Look for and make use of structure. Mathematically proficient students look closely to discern a pattern or structure. Young students, for example, might notice that three and seven more is the same amount as seven and three more, or they may sort a collection of shapes according to how many sides the shapes have. Later, students will see 7 × 8 equals the well remembered 7 × 5 + 7 × 3, in preparation for learning about the distributive property. In the expression 𝑥² + 9𝑥 + 14, older students can see the 14 as 2 × 7 and the 9 as 2 + 7. They recognize the significance of an existing line in a geometric figure and can use the strategy of drawing an auxiliary line for solving problems. They also can step back for an overview and shift perspective. They can see complicated things, such as some algebraic expressions, as single objects or as being composed of several objects. For example, they can see 5 – 3(𝑥 – 𝑦)² as 5 minus a positive number times a square and use that to realize that its value cannot be more than 5 for any real numbers 𝑥 and 𝑦.
Attend to precision. Mathematically proficient students try to communicate precisely to others. They try to use clear definitions in discussion with others and in their own reasoning. They state the meaning of the symbols they choose, including using the equal sign consistently and appropriately. They are careful about specifying units of measure, and labeling axes to clarify the correspondence with quantities in a problem. They calculate accurately and efficiently, express numerical answers with a degree of precision appropriate for the problem context. In the elementary grades, students give carefully formulated explanations to each other. By the time they reach high school they have learned to examine claims and make explicit use of definitions.
Make sense of problems and persevere in solving them. Mathematically proficient students start by explaining to themselves the meaning of a problem and looking for entry points to its solution. They analyze givens, constraints, relationships, and goals. They make conjectures about the form and meaning of the solution and plan a solution pathway rather than simply jumping into a solution attempt.
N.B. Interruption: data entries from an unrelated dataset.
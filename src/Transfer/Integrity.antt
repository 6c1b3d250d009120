-- ===== src/Transfer/Integrity.antt =====
-- What a download that succeeds has put on disk, if the origin answers by the rules of HTTP.
use Prim.Native.String.{String}
use mathlib.Core.List.{tail-eq_of_cons-eq}
use monty_pod.Common.{
  Bool, Bool-cases, List, Option, [], ap, arith, false, if◌then◌else◌, inl, inr, leb, leb→le,
  length, ltb, none, refl, some, subst, suc, sym, true, zero, ℕ, ◌&&◌, ◌++◌, ◌+◌, ◌-◌, ◌==◌, ◌∷◌,
  ◌≡◌, ◌≤◌,
}
use monty_pod.Transfer.Download.{
  Attempt, ContentLength, Fault, Outcome, RangeTotal, Reply, Response, Transfer, answered,
  append_body, attempt, complete, ending, exhausted_by, faulted, fetched, framed_length, gave_up,
  is_torn, length_of, malformed_length, malformed_total, next_state, no_length, or_some, partial,
  reached, reached_by, request_error, restart, restart_required, resume, resume_range, resumed_body,
  retry, same_version, size_of, span_of, span_total, star, total_of, unreachable, whole_body,
}

-- What a header says of a length `n`, if anything.
abbrev pub LengthIs : ContentLength → ℕ → Type 0
LengthIs no_length n = Unit
LengthIs malformed_length n = Unit
LengthIs (length_of m) n = m ≡ n

abbrev pub TotalIs : RangeTotal → ℕ → Type 0
TotalIs star n = Unit
TotalIs malformed_total n = Unit
TotalIs (total_of m) n = m ≡ n

abbrev pub TotalMay : Option ℕ → ℕ → Type 0
TotalMay none n = Unit
TotalMay (some m) n = m ≡ n

-- An origin whose object has the bytes `obj e` in the version of ETag `e`: a full response begins
-- as the object does, a part is the bytes of the object at the place that its header names, either
-- may be cut off, the headers tell the length of the object or nothing, and any other status says
-- nothing of the object.
pub data Honest (obj : String → List ℕ) (r : Response) : Type 0 where
  sends_whole :
      (e : String) (rest : List ℕ)
      → r.status ≡ 200
      → r.encoded ≡ false
      → r.etag ≡ some e
      → r.body ++ rest ≡ obj e
      → LengthIs r.content_length (length (obj e))
      → Honest obj r
  sends_part :
      (e : String) (before rest : List ℕ) (last : ℕ) (total : RangeTotal)
      → r.status ≡ 206
      → r.etag ≡ some e
      → r.content_range ≡ span_of true (length before) last total
      → before ++ (r.body ++ rest) ≡ obj e
      → TotalIs total (length (obj e))
      → Honest obj r
  sends_other : (r.status == 200) ≡ false → (r.status == 206) ≡ false → Honest obj r

abbrev pub HonestReply : (String → List ℕ) → Reply → Type 0
HonestReply obj unreachable = Unit
HonestReply obj (answered r) = Honest obj r

-- The file is absent, or the beginning of the one version that is pinned.
pub data Prefix (obj : String → List ℕ) (s : Transfer) : Type 0 where
  no_file : s.file ≡ none → Prefix obj s
  begun :
      (e : String) (b rest : List ℕ)
      → s.file ≡ some b
      → s.pinned_etag ≡ some e
      → b ++ rest ≡ obj e
      → TotalMay s.pinned_total (length (obj e))
      → Prefix obj s

abbrev pub Enough : Option ℕ → ℕ → Type 0
Enough none n = Unit
Enough (some t) n = t ≤ n

abbrev EnoughAttempt : Attempt × Transfer → Type 0
EnoughAttempt (complete, s) = Enough s.pinned_total (size_of s.file)
EnoughAttempt (partial, s) = Unit
EnoughAttempt (faulted f, s) = Unit

-- An attempt that is complete has put the bytes on disk that are pinned.
record FullAttempt (r : Attempt × Transfer) : Type 0 where
  full : EnoughAttempt r

abbrev pub Full : Outcome × Transfer → Type 0
Full (fetched, s) = Enough s.pinned_total (size_of s.file)
Full (gave_up, s) = Unit

pub same_front : (b c x y : List ℕ) → b ++ x ≡ c ++ y → length b ≡ length c → b ≡ c
same_front [] [] x y e l = refl
same_front [] (k ∷ c) x y e l = absurd (omega arith)
same_front (n ∷ b) [] x y e l = absurd (omega arith)
same_front (n ∷ b) (k ∷ c) x y e l =
    let ih = same_front b c x y (tail-eq_of_cons-eq e) (omega arith) in cc

pub no_more : (b rest : List ℕ) → length (b ++ rest) ≤ length b → b ++ rest ≡ b
no_more [] [] h = refl
no_more [] (n ∷ rest) h = absurd (omega arith)
no_more (n ∷ b) rest h = ap (λ xs. n ∷ xs) (no_more b rest (omega arith))

reached-Enough :
    (t : Option ℕ) (s : Transfer)
    → t ≡ s.pinned_total
    → EnoughAttempt (reached_by t (size_of s.file), s)
reached-Enough none s e = subst (λ x. Enough x (size_of s.file)) e tt
reached-Enough (some t) s e = elim (Bool-cases (leb t (size_of s.file))) [
  | inl enough ↦
      rw enough (subst (λ x. Enough x (size_of s.file)) e (leb→le t (size_of s.file) enough))
  | inr short ↦ rw short tt
]

reached-FullAttempt : (s : Transfer) → FullAttempt (reached s, s)
reached-FullAttempt s = record { full = reached-Enough s.pinned_total s refl }

faulted-FullAttempt : (f : Fault) (s : Transfer) → FullAttempt (faulted f, s)
faulted-FullAttempt f s = record { full = tt }

exhausted-Full : (t : Option ℕ) (s : Transfer) → t ≡ s.pinned_total → Full (exhausted_by t s)
exhausted-Full none s e = subst (λ x. Enough x (size_of s.file)) e tt
exhausted-Full (some t) s e = elim (Bool-cases (ltb (size_of s.file) t)) [
  | inl short ↦ rw short tt
  | inr enough ↦ rw enough (subst (λ x. Enough x (size_of s.file)) e (ground (arith)))
]

framed-TotalMay : (l : ContentLength) (n : ℕ) → LengthIs l n → TotalMay (framed_length false l) n
framed-TotalMay no_length n h = tt
framed-TotalMay malformed_length n h = tt
framed-TotalMay (length_of m) n h = h

pub span_total-TotalMay :
    (first last have n : ℕ) (total : RangeTotal) (pinned : Option ℕ) {a b : ℕ} {c : Option ℕ}
    → resume_range (span_of true first last total) have pinned ≡ some (a, b, c)
    → TotalIs total n
    → (first ≡ have) × TotalMay c n
unfolding resume_range span_total
span_total-TotalMay first last have n star pinned {c = c} e h =
    let no_total : none ≡ c = ground arith in (ground arith, subst (λ x. TotalMay x n) no_total tt)
span_total-TotalMay first last have n malformed_total pinned {c = c} e h =
    let no_total : none ≡ c = ground arith in (ground arith, subst (λ x. TotalMay x n) no_total tt)
span_total-TotalMay first last have n (total_of t) pinned {c = c} e h =
    let told : some t ≡ c = ground arith in (ground arith, subst (λ x. TotalMay x n) told h)

resumed_body-Full :
    (r : Response) (span : Option (ℕ × ℕ × Option ℕ)) (s : Transfer)
    → FullAttempt (resumed_body r span s)
resumed_body-Full r none s = faulted-FullAttempt restart_required s
resumed_body-Full r (some (first, last, total)) s =
    let t = append_body r total s in
    elim (Bool-cases (same_version s.pinned_etag r.etag)) [
      | inr other ↦ rw other (faulted-FullAttempt restart_required s)
      | inl same ↦ elim (Bool-cases r.cut) [
        | inl stopped ↦ rw (same, stopped) (faulted-FullAttempt request_error t)
        | inr ended ↦ elim (Bool-cases (ltb (last - first + 1) (length r.body))) [
          | inl over ↦ rw (same, ended, over) (faulted-FullAttempt restart_required t)
          | inr within ↦ rw (same, ended, within) (reached-FullAttempt t)
        ]
      ]
    ]

resume-Full : (r : Response) (have : ℕ) (s : Transfer) → FullAttempt (resume r have s)
unfolding resume
resume-Full r have s = elim (Bool-cases r.encoded) [
  | inl coded ↦ rw (coded, resume) (faulted-FullAttempt restart_required s)
  | inr plain ↦ rw (plain, resume) (resumed_body-Full r _ s)
]

restart-Full : (r : Response) (s : Transfer) → FullAttempt (restart r s)
unfolding restart
restart-Full r s =
    let t = whole_body r s in
    elim (Bool-cases (r.status == 200)) [
      | inr other ↦ rw (other, restart) (faulted-FullAttempt restart_required s)
      | inl whole ↦ elim (Bool-cases r.cut) [
        | inl stopped ↦ rw (whole, stopped, restart) (faulted-FullAttempt request_error t)
        | inr ended ↦ elim (Bool-cases (is_torn t.pinned_total (length r.body))) [
          | inl torn ↦
              rw (whole, ended, torn, restart)
                (faulted-FullAttempt request_error (record t { file = none }))
          | inr fits ↦ rw (whole, ended, fits, restart) (reached-FullAttempt t)
        ]
      ]
    ]

attempt-Full : (reply : Reply) (have : ℕ) (s : Transfer) → FullAttempt (attempt reply have s)
unfolding attempt
attempt-Full unreachable have s = faulted-FullAttempt request_error s
attempt-Full (answered r) have s = elim (Bool-cases (r.status == 416)) [
  | inl past ↦ rw (past, attempt) (faulted-FullAttempt restart_required s)
  | inr there ↦ elim (Bool-cases (leb 400 r.status && ltb r.status 600)) [
    | inl bad ↦ rw (there, bad, attempt) (faulted-FullAttempt request_error s)
    | inr fine ↦ elim (Bool-cases (r.status == 206)) [
      | inr whole ↦ rw (there, fine, whole, attempt) (restart-Full r s)
      | inl part ↦ elim (Bool-cases (have == 0)) [
        | inl unasked ↦
            rw (there, fine, part, unasked, attempt) (faulted-FullAttempt restart_required s)
        | inr asked ↦ rw (there, fine, part, asked, attempt) (resume-Full r have s)
      ]
    ]
  ]
]

ending-Full :
    (last : Bool) (r : Attempt × Transfer) (rest : Outcome × Transfer)
    → FullAttempt r
    → Full rest
    → Full (ending last r rest)
ending-Full last (complete, s) rest h k = h.full
ending-Full last (partial, s) rest h k = k
ending-Full true (faulted f, s) rest h k = tt
ending-Full false (faulted f, s) rest h k = k

pub retry-Full : (i n : ℕ) (replies : ℕ → Reply) (s : Transfer) → Full (retry i n replies s)
unfolding retry
retry-Full i zero replies s = exhausted-Full s.pinned_total s refl
retry-Full i (suc n) replies s =
    let have = if i == 0 then 0 else size_of s.file in
    ending-Full (n == 0) (attempt (replies i) have s) _ (attempt-Full (replies i) have s)
      (retry-Full (i + 1) n replies (next_state (attempt (replies i) have s)))

module _ (obj : String → List ℕ) where
  whole_body-Prefix :
      (r : Response) (s : Transfer) (e : String) (rest : List ℕ)
      → r.encoded ≡ false
      → r.etag ≡ some e
      → r.body ++ rest ≡ obj e
      → LengthIs r.content_length (length (obj e))
      → Prefix obj (whole_body r s)
  whole_body-Prefix r s e rest plain tag begins told =
      begun e r.body rest refl (ap (λ x. or_some x s.pinned_etag) tag) begins (
        subst (λ x. TotalMay (framed_length x r.content_length) (length (obj e))) (sym plain)
          (framed-TotalMay r.content_length (length (obj e)) told))

  pub restart-Prefix :
      (r : Response) (s : Transfer) → Honest obj r → Prefix obj s → Prefix obj (restart r s).1
  unfolding restart
  restart-Prefix r s (sends_whole e rest ok plain tag begins told) h =
      let t = whole_body-Prefix r s e rest plain tag begins told in
      elim (Bool-cases r.cut) [
        | inl stopped ↦ rw (ok, stopped, restart) t
        | inr ended ↦ elim (Bool-cases (is_torn (whole_body r s).pinned_total (length r.body))) [
          | inl torn ↦ rw (ok, ended, torn, restart) (no_file refl)
          | inr fits ↦ rw (ok, ended, fits, restart) t
        ]
      ]
  restart-Prefix r s (sends_part e before rest last total part tag range begins told) h =
      rw (part, restart) h
  restart-Prefix r s (sends_other a b) h = rw (a, restart) h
They consider analogous problems, and try special cases and simpler forms of the original problem in order to gain insight into its solution. They monitor and evaluate their progress and change course if necessary. Older students might, depending on the context of the problem, transform algebraic expressions or change the viewing window on their graphing calculator to get the information they need. Mathematically proficient students can explain correspondences between equations, verbal descriptions, tables, and graphs or draw diagrams of important features and relationships, graph data, and search for regularity or trends. Younger students might rely on using concrete objects or pictures to help conceptualize and solve a problem. Mathematically proficient students check their answers to problems using a different method, and they continually ask themselves, "Does this make sense?" They can understand the approaches of others to solving complex problems and identify correspondences between different approaches.
Add and subtract mixed numbers with like denominators, e.g., by replacing each mixed number with an equivalent fraction, and/or by using properties of operations and the relationship between addition and subtraction.
Decompose a fraction into a sum of fractions with the same denominator in more than one way, recording each decomposition by an equation. Justify decompositions, e.g., by using a visual fraction model. Examples: 3/8 = 1/8 + 1/8 + 1/8; 3/8 = 1/8 + 2/8; 2 1/8 = 1 + 1 + 1/8 = 8/8 + 8/8 + 1/8.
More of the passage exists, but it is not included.